What you have to do :: Give back the data below exactly as it was given.

Collected data entries
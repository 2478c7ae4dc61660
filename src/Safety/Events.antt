-- ===== src/Safety/Events.antt =====
-- Lemmas on `circuit_breaker_events` of src/autocontribute/store.py as it grows.
use autocontribute.Base.{
  ℕ, ◌+◌, ◌≤◌, String, none, some, ◌&&◌, List, [], ◌∷◌, ◌++◌, ◌≡◌, ◌⊎◌, inl, inr, refl, ap, arith,
  str_eq, eq_iff, is_none, if◌then◌else◌, All, Bool-cases,
}
use mathlib.Core.List.{Memᴰ}
use autocontribute.Safety.State.{Trigger, tripped, resumed, BreakerEvent}
use autocontribute.Safety.Breaker.{same_kind, find_event, triggers_of, trip_event, last, is_empty}

pub triggers_of-append :
    (k : ℕ) (xs ys : List BreakerEvent)
    → triggers_of k (xs ++ ys) ≡ triggers_of k xs ++ triggers_of k ys
triggers_of-append k [] ys = refl
triggers_of-append k (x ∷ xs) ys = let ih = triggers_of-append k xs ys in ground (arith, ih)

pub last-append : (ts : List Trigger) (t : Trigger) → last (ts ++ t ∷ []) ≡ some t
last-append [] t = refl
last-append (x ∷ xs) t = rw (last-append xs t) refl

pub triggers_of-later :
    (n : ℕ) (es : List BreakerEvent) → All (λ e. e.epoch ≤ n) es → triggers_of (n + 1) es ≡ []
triggers_of-later n [] past = refl
triggers_of-later n (e ∷ es) past =
    let ih = triggers_of-later n es past.1 in ground (arith, ih, past.0)

pub All-grown :
    (m n : ℕ) (es : List BreakerEvent)
    → m ≤ n
    → All (λ e. e.epoch ≤ m) es
    → All (λ e. e.epoch ≤ n) es
All-grown m n [] le past = tt
All-grown m n (e ∷ es) le past = (omega (arith, past.0), All-grown m n es le past.1)

pub All-snoc :
    (n : ℕ) (es : List BreakerEvent) (e : BreakerEvent)
    → All (λ x. x.epoch ≤ n) es
    → e.epoch ≤ n
    → All (λ x. x.epoch ≤ n) (es ++ e ∷ [])
All-snoc n [] e past le = (le, tt)
All-snoc n (x ∷ es) e past le = (past.0, All-snoc n es e past.1 le)

-- Every trip event is the one that its hash finds.
abbrev pub IsUnique : List BreakerEvent → Type 0
IsUnique es =
    (e : BreakerEvent)
    → Memᴰ e es
    → e.kind ≡ tripped
    → find_event tripped e.evidence.trigger_hash es ≡ some e

pub find_event-append :
    (hash : String) (es more : List BreakerEvent) (e : BreakerEvent)
    → find_event tripped hash es ≡ some e
    → find_event tripped hash (es ++ more) ≡ some e
find_event-append hash [] more e h = absurd (cc)
find_event-append hash (x ∷ es) more e h =
    elim (Bool-cases (same_kind x.kind tripped && str_eq x.evidence.trigger_hash hash)) [
      | inl hit ↦ ground arith
      | inr miss ↦ let ih = find_event-append hash es more e (ground arith) in ground (arith, ih)
    ]

pub find_event-snoc :
    (hash : String) (es : List BreakerEvent) (e : BreakerEvent)
    → find_event tripped hash es ≡ none
    → find_event tripped hash (es ++ e ∷ [])
      ≡ (if same_kind e.kind tripped && str_eq e.evidence.trigger_hash hash then some e else none)
find_event-snoc hash [] e h = refl
find_event-snoc hash (x ∷ es) e h =
    elim (Bool-cases (same_kind x.kind tripped && str_eq x.evidence.trigger_hash hash)) [
      | inl hit ↦ absurd (ground arith)
      | inr miss ↦ let ih = find_event-snoc hash es e (ground arith) in ground (arith, ih)
    ]

pub Mem-snoc :
    (es : List BreakerEvent) (e x : BreakerEvent) → Memᴰ x (es ++ e ∷ []) → Memᴰ x es ⊎ (x ≡ e)
Mem-snoc [] e x (Memᴰ.head same) = inr same
Mem-snoc [] e x (Memᴰ.tail m) = elim m [ ]
Mem-snoc (y ∷ es) e x (Memᴰ.head same) = inl (Memᴰ.head same)
Mem-snoc (y ∷ es) e x (Memᴰ.tail m) = elim (Mem-snoc es e x m) [
  | inl old ↦ inl (Memᴰ.tail old)
  | inr new ↦ inr new
]

pub IsUnique-trip :
    (es : List BreakerEvent) (k now : ℕ) (t : Trigger)
    → IsUnique es
    → find_event tripped t.trigger_hash es ≡ none
    → IsUnique (es ++ trip_event k now t ∷ [])
IsUnique-trip es k now t unique fresh e m is_trip = elim (Mem-snoc es (trip_event k now t) e m) [
  | inl old ↦ find_event-append _ es _ e (unique e old is_trip)
  | inr same ↦
      let found : find_event tripped t.trigger_hash (es ++ trip_event k now t ∷ [])
          ≡ some (trip_event k now t) =
        ground (
          arith,
          find_event-snoc t.trigger_hash es (trip_event k now t),
          eq_iff t.trigger_hash t.trigger_hash,
        ) in
      cc (
        ap
          (λ (x : BreakerEvent).
            find_event tripped x.evidence.trigger_hash (es ++ trip_event k now t ∷ []))
          same)
]

pub IsUnique-resume :
    (es : List BreakerEvent) (r : BreakerEvent)
    → IsUnique es
    → r.kind ≡ resumed
    → IsUnique (es ++ r ∷ [])
IsUnique-resume es r unique kind e m is_trip = elim (Mem-snoc es r e m) [
  | inl old ↦ find_event-append _ es _ e (unique e old is_trip)
  | inr same ↦ absurd (cc (ap (λ (x : BreakerEvent). x.kind) same))
]

pub last-some : (ts : List Trigger) → is_empty ts ≡ is_none (last ts)
last-some [] = refl
last-some (t ∷ ts) = ground arith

Response ::
repository 2478c7ae4dc61660
filename src/Safety/Events.antt
-- ===== src/Safety/Events.antt =====
-- Lemmas on `circuit_breaker_events` of src/autocontribute/store.py as it grows.
use autocontribute.Base.{
  ℕ, ◌+◌, ◌≤◌, String, none, some, ◌&&◌, List, [], ◌∷◌, ◌++◌, ◌≡◌, ◌⊎◌, inl, inr, refl, ap, arith,
  str_eq, eq_iff, is_none, if◌then◌else◌, All, Bool-cases,
}
use mathlib.Core.List.{Memᴰ}
use autocontribute.Safety.State.{Trigger, tripped, resumed, BreakerEvent}
use autocontribute.Safety.Breaker.{same_kind, find_event, triggers_of, trip_event, last, is_empty}

pub triggers_of-append :
    (k : ℕ) (xs ys : List BreakerEvent)
    → triggers_of k (xs ++ ys) ≡ triggers_of k xs ++ triggers_of k ys
triggers_of-append k [] ys = refl
triggers_of-append k (x ∷ xs) ys = let ih = triggers_of-append k xs ys in ground (arith, ih)

pub last-append : (ts : List Trigger) (t : Trigger) → last (ts ++ t ∷ []) ≡ some t
last-append [] t = refl
last-append (x ∷ xs) t = rw (last-append xs t) refl

pub triggers_of-later :
    (n : ℕ) (es : List BreakerEvent) → All (λ e. e.epoch ≤ n) es → triggers_of (n + 1) es ≡ []
triggers_of-later n [] past = refl
triggers_of-later n (e ∷ es) past =
    let ih = triggers_of-later n es past.1 in ground (arith, ih, past.0)

pub All-grown :
    (m n : ℕ) (es : List BreakerEvent)
    → m ≤ n
    → All (λ e. e.epoch ≤ m) es
    → All (λ e. e.epoch ≤ n) es
All-grown m n [] le past = tt
All-grown m n (e ∷ es) le past = (omega (arith, past.0), All-grown m n es le past.1)

pub All-snoc :
    (n : ℕ) (es : List BreakerEvent) (e : BreakerEvent)
    → All (λ x. x.epoch ≤ n) es
    → e.epoch ≤ n
    → All (λ x. x.epoch ≤ n) (es ++ e ∷ [])
All-snoc n [] e past le = (le, tt)
All-snoc n (x ∷ es) e past le = (past.0, All-snoc n es e past.1 le)

-- Every trip event is the one that its hash finds.
abbrev pub IsUnique : List BreakerEvent → Type 0
IsUnique es =
    (e : BreakerEvent)
    → Memᴰ e es
    → e.kind ≡ tripped
    → find_event tripped e.evidence.trigger_hash es ≡ some e

pub find_event-append :
    (hash : String) (es more : List BreakerEvent) (e : BreakerEvent)
    → find_event tripped hash es ≡ some e
    → find_event tripped hash (es ++ more) ≡ some e
find_event-append hash [] more e h = absurd (cc)
find_event-append hash (x ∷ es) more e h =
    elim (Bool-cases (same_kind x.kind tripped && str_eq x.evidence.trigger_hash hash)) [
      | inl hit ↦ ground arith
      | inr miss ↦ let ih = find_event-append hash es more e (ground arith) in ground (arith, ih)
    ]

pub find_event-snoc :
    (hash : String) (es : List BreakerEvent) (e : BreakerEvent)
    → find_event tripped hash es ≡ none
    → find_event tripped hash (es ++ e ∷ [])
      ≡ (if same_kind e.kind tripped && str_eq e.evidence.trigger_hash hash then some e else none)
find_event-snoc hash [] e h = refl
find_event-snoc hash (x ∷ es) e h =
    elim (Bool-cases (same_kind x.kind tripped && str_eq x.evidence.trigger_hash hash)) [
      | inl hit ↦ absurd (ground arith)
      | inr miss ↦ let ih = find_event-snoc hash es e (ground arith) in ground (arith, ih)
    ]

pub Mem-snoc :
    (es : List BreakerEvent) (e x : BreakerEvent) → Memᴰ x (es ++ e ∷ []) → Memᴰ x es ⊎ (x ≡ e)
Mem-snoc [] e x (Memᴰ.head same) = inr same
Mem-snoc [] e x (Memᴰ.tail m) = elim m [ ]
Mem-snoc (y ∷ es) e x (Memᴰ.head same) = inl (Memᴰ.head same)
Mem-snoc (y ∷ es) e x (Memᴰ.tail m) = elim (Mem-snoc es e x m) [
  | inl old ↦ inl (Memᴰ.tail old)
  | inr new ↦ inr new
]

pub IsUnique-trip :
    (es : List BreakerEvent) (k now : ℕ) (t : Trigger)
    → IsUnique es
    → find_event tripped t.trigger_hash es ≡ none
    → IsUnique (es ++ trip_event k now t ∷ [])
IsUnique-trip es k now t unique fresh e m is_trip = elim (Mem-snoc es (trip_event k now t) e m) [
  | inl old ↦ find_event-append _ es _ e (unique e old is_trip)
  | inr same ↦
      let found : find_event tripped t.trigger_hash (es ++ trip_event k now t ∷ [])
          ≡ some (trip_event k now t) =
        ground (
          arith,
          find_event-snoc t.trigger_hash es (trip_event k now t),
          eq_iff t.trigger_hash t.trigger_hash,
        ) in
      cc (
        ap
          (λ (x : BreakerEvent).
            find_event tripped x.evidence.trigger_hash (es ++ trip_event k now t ∷ []))
          same)
]

pub IsUnique-resume :
    (es : List BreakerEvent) (r : BreakerEvent)
    → IsUnique es
    → r.kind ≡ resumed
    → IsUnique (es ++ r ∷ [])
IsUnique-resume es r unique kind e m is_trip = elim (Mem-snoc es r e m) [
  | inl old ↦ find_event-append _ es _ e (unique e old is_trip)
  | inr same ↦ absurd (cc (ap (λ (x : BreakerEvent). x.kind) same))
]

pub last-some : (ts : List Trigger) → is_empty ts ≡ is_none (last ts)
last-some [] = refl
last-some (t ∷ ts) = ground arith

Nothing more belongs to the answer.